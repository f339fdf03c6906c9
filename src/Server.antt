-- ===== src/Server.antt =====
-- pkg/triple/dubbo3_server.go: the server, its gRPC server's options, and the services it registers.
pub mod Environment
pub mod Options
pub mod Registration
pub mod Registering
pub mod Handler
pub mod Lifecycle
pub mod Refresh
pub mod Unservable
pub mod History
use triple.Base.{
  [], ◌∷◌, ◌>>◌, none, modify, gets, pure, true, Bool, some, panic, ◌>>=◌, ℕ, Option, String, M,
  refl,
}
use triple.Server.Environment.{log, serve_in, listen, stop_in, close, update_server, Host}
use triple.Base.Dict.{insert, Dict}
use triple.Server.Registration.{register_one, register_services, Service}
use triple.Common.Config.{new_triple_option, TripleOption}
use triple.Security.{TlsFiles}
use triple.Common.Codec.{Registry, EncodingLib}
use triple.Server.Options.{new_grpc_server_with_codec}
use triple.Common.Logger.{debugf}

-- The Go type `TripleServer`; nil pointers are `none`. The service map is the `sync.Map` that the
-- user shares with the server, in the order of its `Range`.
pub record TripleServer : Type 0 where
  pub lst : Option ℕ
  pub grpc_server : Option ℕ
  pub rpc_service_map : Dict Service
  pub registered_key : Dict Bool
  pub opt : TripleOption

-- The server with the process that it runs in.
pub record System (Codec : Type 0) : Type 0 where
  pub server : TripleServer
  pub host : Host Codec

-- A nil option is replaced by the default one.
unfoldable pub new_triple_server : Dict Service → Option TripleOption → TripleServer
new_triple_server service_map opt = record {
  lst = none;
  grpc_server = none;
  rpc_service_map = service_map;
  registered_key = [];
  opt = elim opt [ some o ↦ o | none ↦ new_triple_option [] ];
}

unfoldable pub mark_registered : String → TripleServer → TripleServer
mark_registered key t = record t { registered_key = insert key true t.registered_key }

unfoldable pub set_running : Option ℕ → ℕ → TripleServer → TripleServer
set_running lst server t = record t { lst = lst; grpc_server = some server }

module _ {Codec : Type 0} where
  -- An action on the process.
  unfoldable pub on_host : {A : Type 0} → M (Host Codec) A → M (System Codec) A
  on_host m s = let (h, e) = m s.host in (record s { host = h }, e)

  abbrev pub on_server : (TripleServer → TripleServer) → System Codec → System Codec
  on_server f s = record s { server = f s.server }

  -- The `Range` loop of `Start`.
  unfoldable pub start_services : ℕ → Dict Service → M (System Codec) (Unit {0})
  start_services server [] = pure tt
  start_services server ((key, value) ∷ m) = do
    modify (on_server (mark_registered key))
    on_host (register_one server key value)
    start_services server m

  -- `grpcServer.Stop()`, and a panic on a nil server.
  unfoldable pub stop_server : Option ℕ → M (Host Codec) (Unit {0})
  stop_server none = panic
  stop_server (some i) = modify (update_server i stop_in)

module _ {Codec : Type 0} (binds : String → Bool) (files : TlsFiles) (lib : EncodingLib Codec)
    (registry : Registry Codec) where
  -- `Start` behind `net.Listen`.
  start_on : ℕ → TripleServer → M (System Codec) (Unit {0})
  start_on lst t = do
    server ← on_host (new_grpc_server_with_codec files lib registry t.opt)
    start_services server t.rpc_service_map
    on_host (modify (update_server server (serve_in (some lst))))
    modify (on_server (set_running (some lst) server))

  start_with : Option ℕ → TripleServer → M (System Codec) (Unit {0})
  unfolding start_on
  start_with none t = panic
  start_with (some lst) t = start_on lst t

  unfoldable pub start : M (System Codec) (Unit {0})
  unfolding start_with
  start = do t ← gets (λ s. s.server); lst ← on_host (listen binds t.opt.location); start_with lst t

  -- The error of the second `net.Listen` is dropped, and its listener is nil then.
  unfoldable pub refresh_service : M (System Codec) (Unit {0})
  refresh_service = do
    t ← gets (λ s. s.server)
    on_host (log t.opt.logger debugf "TripleServer.Refresh: call refresh services")
    server ← on_host (new_grpc_server_with_codec files lib registry t.opt)
    on_host (register_services server t.rpc_service_map)
    on_host (stop_server t.grpc_server)
    on_host (close t.lst)
    lst ← on_host (listen binds t.opt.location)
    on_host (modify (update_server server (serve_in lst)))
    modify (on_server (set_running lst server))

unfoldable pub stop : {Codec : Type 0} → M (System Codec) (Unit {0})
stop = do t ← gets (λ s. s.server); on_host (close t.lst)
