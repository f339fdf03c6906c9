-- ===== src/Server/History.antt =====
-- The life of a `TripleServer`: the user's calls in any order, and what the server promises of them.
pub mod Steps
pub mod Nil
pub mod Tracking
pub mod Refinement
pub mod Unordered
use triple.Base.{
  modify, M, false, true, returned, panicked, Exit, List, Bool, String, All, [], ◌∷◌, refl,
}
use triple.Base.Dict.{Dict}
use triple.Security.{TlsFiles}
use triple.Common.Codec.{Registry, EncodingLib}
use triple.Server.Registration.{Service}
use triple.Server.Registering.{IsServable}
use triple.Server.{on_server, stop, refresh_service, start, System}

-- A call of the server, with the addresses that the system lets be bound at the time, or a change of
-- the service map, which the user shares with the server. `D` is how maps are seen.
pub data Call (D : Type 0) : Type 0 where
  start_call refresh_call : (String → Bool) → Call D
  stop_call : Call D
  store_call : D → Call D

module _ {Codec : Type 0} (files : TlsFiles) (lib : EncodingLib Codec)
    (registry : Registry Codec) where
  unfoldable pub run_call : Call (Dict Service) → M (System Codec) (Unit {0})
  run_call (start_call binds) = start binds files lib registry
  run_call (refresh_call binds) = refresh_service binds files lib registry
  run_call stop_call = stop
  run_call (store_call m) = modify (on_server (λ t. record t { rpc_service_map = m }))

  -- The calls one after the other, with their exits; a panic is recovered by the caller.
  unfoldable pub run_calls :
      List (Call (Dict Service)) → System Codec → System Codec × List (Exit (Unit {0}))
  run_calls [] y = (y, [])
  run_calls (c ∷ cs) y =
      let (y1, e) = run_call c y in let (y2, es) = run_calls cs y1 in (y2, e ∷ es)

-- `down`: nothing listens, and the server's listener is nil; what grpc's `Serve` does with a nil listener
-- is not followed. `live m`: the services of `m` are served.
-- `closed`: the server still holds the listener that it closed.
pub data Phase (D : Type 0) : Type 0 where
  down closed : Phase D
  live : D → Phase D

-- What the user knows of a server: its phase, and what the service map holds now.
pub record View (D : Type 0) : Type 0 where
  pub phase : Phase D
  pub stored : D

module _ {D : Type 0} where
  -- A server that gets to listen serves the map as it is now.
  abbrev pub listening : Bool → View D → View D
  listening true v = record v { phase = live v.stored }
  listening false v = record v { phase = down }

  abbrev pub view_started : Bool → View D → View D × Exit (Unit {0})
  view_started true v = (listening true v, returned tt)
  view_started false v = (v, panicked)

  -- What a call promises, by the phase and by whether the server's address could be bound.
  abbrev pub view_call : String → Call D → View D → View D × Exit (Unit {0})
  view_call location (start_call binds) v = elim v.phase [
    | live m ↦ (v, panicked)
    | closed ↦ view_started (binds location) v
    | down ↦ view_started (binds location) v
  ]
  view_call location (refresh_call binds) v = elim v.phase [
    | live m ↦ (listening (binds location) v, returned tt)
    | closed ↦ (listening (binds location) v, returned tt)
    | down ↦ (v, panicked)
  ]
  view_call location stop_call v = elim v.phase [
    | live m ↦ (record v { phase = closed }, returned tt)
    | closed ↦ (v, returned tt)
    | down ↦ (v, panicked)
  ]
  view_call location (store_call m) v = (record v { stored = m }, returned tt)

  unfoldable pub view_calls : String → List (Call D) → View D → View D × List (Exit (Unit {0}))
  view_calls location [] v = (v, [])
  view_calls location (c ∷ cs) v =
      let (v1, e) = view_call location c v in
      let (v2, es) = view_calls location cs v1 in (v2, e ∷ es)

-- The user stores only services that implement what their keys need.
abbrev pub IsAllowed : Call (Dict Service) → Type 0
IsAllowed (store_call m) = All IsServable m
IsAllowed (start_call binds) = Unit
IsAllowed (refresh_call binds) = Unit
IsAllowed stop_call = Unit
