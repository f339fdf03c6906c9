-- ===== src/Server/Options/Wanted.antt =====
-- Which options a server is made with, one by one.
use triple.Server.Options.{tracing_options, size_options, proxy_options}
use triple.Base.{
  in_fifth, in_fourth, in_third, Segment-Has, in_second, Segment, in_first, Bool, Has-right, ap,
  All-append, Has-left, Has, eq_iff, arith, zero, Bool-cases, suc, false, ℕ, All, if◌then◌else◌,
  ◌==◌, none, some, true, ◌≢◌, inl, inr, ◌⊎◌, ◌≡◌, ◌++◌, List, [], ◌∷◌, refl,
}
use triple.Security.{Credentials, Creds, insecure, get_server_tls_certificate, TlsFiles}
use triple.Common.Codec.{Registry, EncodingLib}
use triple.Common.Config.{TripleOption}
use triple.Server.Environment.{
  force_server_codec, creds, proxy_mode_enable, max_send_msg_size, max_recv_msg_size,
  stream_interceptor, unary_interceptor, ServerOption,
}
use triple.Tracing.Jaeger.{new_jaeger_tracer_direct, JaegerTracer}
use triple.Client.Calls.{client_codec}
use triple.Common.Error.{failure, success}
use triple.Base.Int.{is_zero, negsuc, ℤ, pos}
use triple.Common.Constant.{pb_codec_name}
use triple.Server.Options.Building.Agreement.{wrapped}

pos-suc_ne : (n : ℕ) → pos (suc n) ≢ pos 0
pos-suc_ne n e = cc

negsuc_ne : (n : ℕ) → negsuc n ≢ pos 0
negsuc_ne n e = cc

module _ {Codec : Type 0} (files : TlsFiles) (lib : EncodingLib Codec) (registry : Registry Codec)
    (opt : TripleOption) where
  -- The tracer of a server does not ask whether the address is an agent's.
  abbrev tracer : JaegerTracer
  tracer = new_jaeger_tracer_direct opt.jaeger_service_name opt.jaeger_address opt.logger

  -- The codec of the option, or the nil one where nobody registered it.
  abbrev pub server_codec : Codec
  server_codec = elim (client_codec lib registry opt.codec_type) [
    | success c ↦ c
    | failure err ↦ lib.nil_codec
  ]

  -- What each option needs.
  abbrev pub IsWanted : ServerOption Codec → Type 0
  IsWanted (unary_interceptor t) = (opt.jaeger_address ≢ "") × (t ≡ tracer)
  IsWanted (stream_interceptor t) = (opt.jaeger_address ≢ "") × (t ≡ tracer)
  IsWanted (max_recv_msg_size n) =
      (opt.grpc_max_server_recv_msg_size ≢ pos 0) × (n ≡ opt.grpc_max_server_recv_msg_size)
  IsWanted (max_send_msg_size n) =
      (opt.grpc_max_call_send_msg_size ≢ pos 0) × (n ≡ opt.grpc_max_call_send_msg_size)
  IsWanted (proxy_mode_enable b) = (opt.proxy_mode_enable ≡ true) × (b ≡ true)
  IsWanted (creds c) =
      (get_server_tls_certificate files opt ≡ (some c, none))
      ⊎ ((get_server_tls_certificate files opt ≡ (none, none)) × (c ≡ insecure))
  IsWanted (force_server_codec c) =
      (opt.codec_type ≢ pb_codec_name) × (c ≡ wrapped lib opt.codec_type server_codec)

  tracing-All : All IsWanted (tracing_options files lib registry opt)
  unfolding tracing_options
  tracing-All = elim (Bool-cases (opt.jaeger_address == "")) [
    | inl e ↦ rw e tt
    | inr e ↦
        (let ne : opt.jaeger_address ≢ "" = ground (arith, eq_iff opt.jaeger_address "", e) in
          rw e ((ne, refl), ((ne, refl), tt)))
  ]

  tracing-Has :
      (o : ServerOption Codec)
      → opt.jaeger_address ≢ ""
      → (o ≡ unary_interceptor tracer) ⊎ (o ≡ stream_interceptor tracer)
      → Has o (tracing_options files lib registry opt)
  unfolding tracing_options
  tracing-Has o ne which =
      let other : (opt.jaeger_address == "") ≡ false =
        ground (arith, eq_iff opt.jaeger_address "") in
      rw other (elim which [ inl e ↦ inl e | inr e ↦ inr (inl e) ])

  size_list : (ℤ → ServerOption Codec) → ℤ → List (ServerOption Codec)
  size_list f n = if is_zero n then [] else f n ∷ []

  size_list-All :
      (f : ℤ → ServerOption Codec) (n : ℤ)
      → (n ≢ pos 0 → IsWanted (f n))
      → All IsWanted (size_list f n)
  unfolding size_list
  size_list-All f (pos zero) w = tt
  size_list-All f (pos (suc n)) w = (w (pos-suc_ne n), tt)
  size_list-All f (negsuc n) w = (w (negsuc_ne n), tt)

  size_list-Has : (f : ℤ → ServerOption Codec) (n : ℤ) → n ≢ pos 0 → Has (f n) (size_list f n)
  unfolding size_list
  size_list-Has f (pos zero) ne = absurd (ne refl)
  size_list-Has f (pos (suc n)) ne = inl refl
  size_list-Has f (negsuc n) ne = inl refl

  proxy-All : All IsWanted (proxy_options files lib registry opt)
  unfolding proxy_options
  proxy-All = elim (Bool-cases opt.proxy_mode_enable) [
    | inl e ↦ rw e ((refl, refl), tt)
    | inr e ↦ rw e tt
  ]

  unfoldable pub creds_of : Creds → List (ServerOption Codec)
  creds_of (c, some err) = []
  creds_of (some c, none) = creds c ∷ []
  creds_of (none, none) = creds insecure ∷ []

  creds_of-All : (c : Creds) → get_server_tls_certificate files opt ≡ c → All IsWanted (creds_of c)
  unfolding creds_of
  creds_of-All (c, some err) e = tt
  creds_of-All (some c, none) e = (inl e, tt)
  creds_of-All (none, none) e = (inr (e, refl), tt)

  unfoldable pub codec_of : List (ServerOption Codec)
  codec_of =
      if opt.codec_type == pb_codec_name
      then []
      else force_server_codec (wrapped lib opt.codec_type server_codec) ∷ []

  codec_of-All : All IsWanted codec_of
  unfolding codec_of
  codec_of-All = elim (Bool-cases (opt.codec_type == pb_codec_name)) [
    | inl e ↦ rw e tt
    | inr e ↦ rw e ((ground (arith, eq_iff opt.codec_type pb_codec_name, e), refl), tt)
  ]

  -- The options, in their order.
  unfoldable pub wanted_options : List (ServerOption Codec)
  unfolding tracing_options size_options proxy_options
  wanted_options =
      tracing_options files lib registry opt
      ++ size_options files lib registry opt
      ++ proxy_options files lib registry opt
      ++ creds_of (get_server_tls_certificate files opt)
      ++ codec_of

  pub wanted_options-All : All IsWanted wanted_options
  unfolding wanted_options size_options size_list
  wanted_options-All =
      All-append IsWanted _ _
        (All-append IsWanted _ _
          (All-append IsWanted _ _
            (All-append IsWanted _ _ tracing-All (
              All-append IsWanted _ _
                (size_list-All max_recv_msg_size opt.grpc_max_server_recv_msg_size λ ne. (ne, refl))
                (size_list-All max_send_msg_size opt.grpc_max_call_send_msg_size λ ne. (ne, refl))))
            proxy-All)
          (creds_of-All (get_server_tls_certificate files opt) refl))
        codec_of-All

  size-Has :
      (o : ServerOption Codec)
      → Has o (size_list max_recv_msg_size opt.grpc_max_server_recv_msg_size)
        ⊎ Has o (size_list max_send_msg_size opt.grpc_max_call_send_msg_size)
      → Has o (size_options files lib registry opt)
  unfolding size_options size_list
  size-Has o (inl h) = Has-left o _ _ h
  size-Has o (inr h) = Has-right o _ _ h

  creds_of-Has :
      (c : Credentials)
      → IsWanted (creds c)
      → Has (creds c) (creds_of (get_server_tls_certificate files opt))
  unfolding creds_of
  creds_of-Has c (inl e) = rw e (inl refl)
  creds_of-Has c (inr (e, same)) = rw (e, same) (inl refl)

  codec_of-Has : (c : Codec) → IsWanted (force_server_codec c) → Has (force_server_codec c) codec_of
  unfolding codec_of
  codec_of-Has c (ne, same) =
      let other : (opt.codec_type == pb_codec_name) ≡ false =
        ground (arith, eq_iff opt.codec_type pb_codec_name) in
      rw (other, same) (inl refl)

  proxy-Has :
      (b : Bool)
      → IsWanted (proxy_mode_enable b)
      → Has (proxy_mode_enable b) (proxy_options files lib registry opt)
  unfolding proxy_options
  proxy-Has b (on, same) = rw (on, same) (inl refl)

  recv-Has :
      (n : ℤ)
      → IsWanted (max_recv_msg_size n)
      → Has (max_recv_msg_size n) (size_options files lib registry opt)
  recv-Has n (ne, same) = size-Has _ (inl (rw same (size_list-Has max_recv_msg_size _ ne)))

  send-Has :
      (n : ℤ)
      → IsWanted (max_send_msg_size n)
      → Has (max_send_msg_size n) (size_options files lib registry opt)
  send-Has n (ne, same) = size-Has _ (inr (rw same (size_list-Has max_send_msg_size _ ne)))

  wanted_options-Segment :
      (o : ServerOption Codec)
      → Segment o
          (tracing_options files lib registry opt)
          (size_options files lib registry opt)
          (proxy_options files lib registry opt)
          (creds_of (get_server_tls_certificate files opt))
          codec_of
      → Has o wanted_options
  unfolding wanted_options
  wanted_options-Segment o s = Segment-Has o _ _ _ _ _ s

  pub wanted_options-Has : (o : ServerOption Codec) → IsWanted o → Has o wanted_options
  wanted_options-Has (unary_interceptor t) (ne, same) =
      wanted_options-Segment _ (in_first (tracing-Has _ ne (inl (ap unary_interceptor same))))
  wanted_options-Has (stream_interceptor t) (ne, same) =
      wanted_options-Segment _ (in_first (tracing-Has _ ne (inr (ap stream_interceptor same))))
  wanted_options-Has (max_recv_msg_size n) w = wanted_options-Segment _ (in_second (recv-Has n w))
  wanted_options-Has (max_send_msg_size n) w = wanted_options-Segment _ (in_second (send-Has n w))
  wanted_options-Has (proxy_mode_enable b) w = wanted_options-Segment _ (in_third (proxy-Has b w))
  wanted_options-Has (creds c) w = wanted_options-Segment _ (in_fourth (creds_of-Has c w))
  wanted_options-Has (force_server_codec c) w =
      wanted_options-Segment _ (in_fifth (codec_of-Has c w))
○ ○ ○ ○
* EXERCISE OBJECTIVE: Exactly those lines that run from the start of the listing to the line containing "pub mod Refresh" should be output, and no others.

* PROBLEM SOLUTION:
repository f339fdf03c6906c9
filename src/Server.antt
-- ===== src/Server.antt =====
-- pkg/triple/dubbo3_server.go: the server, its gRPC server's options, and the services it registers.
pub mod Environment
pub mod Options
pub mod Registration
pub mod Registering
pub mod Handler
pub mod Lifecycle
pub mod Refresh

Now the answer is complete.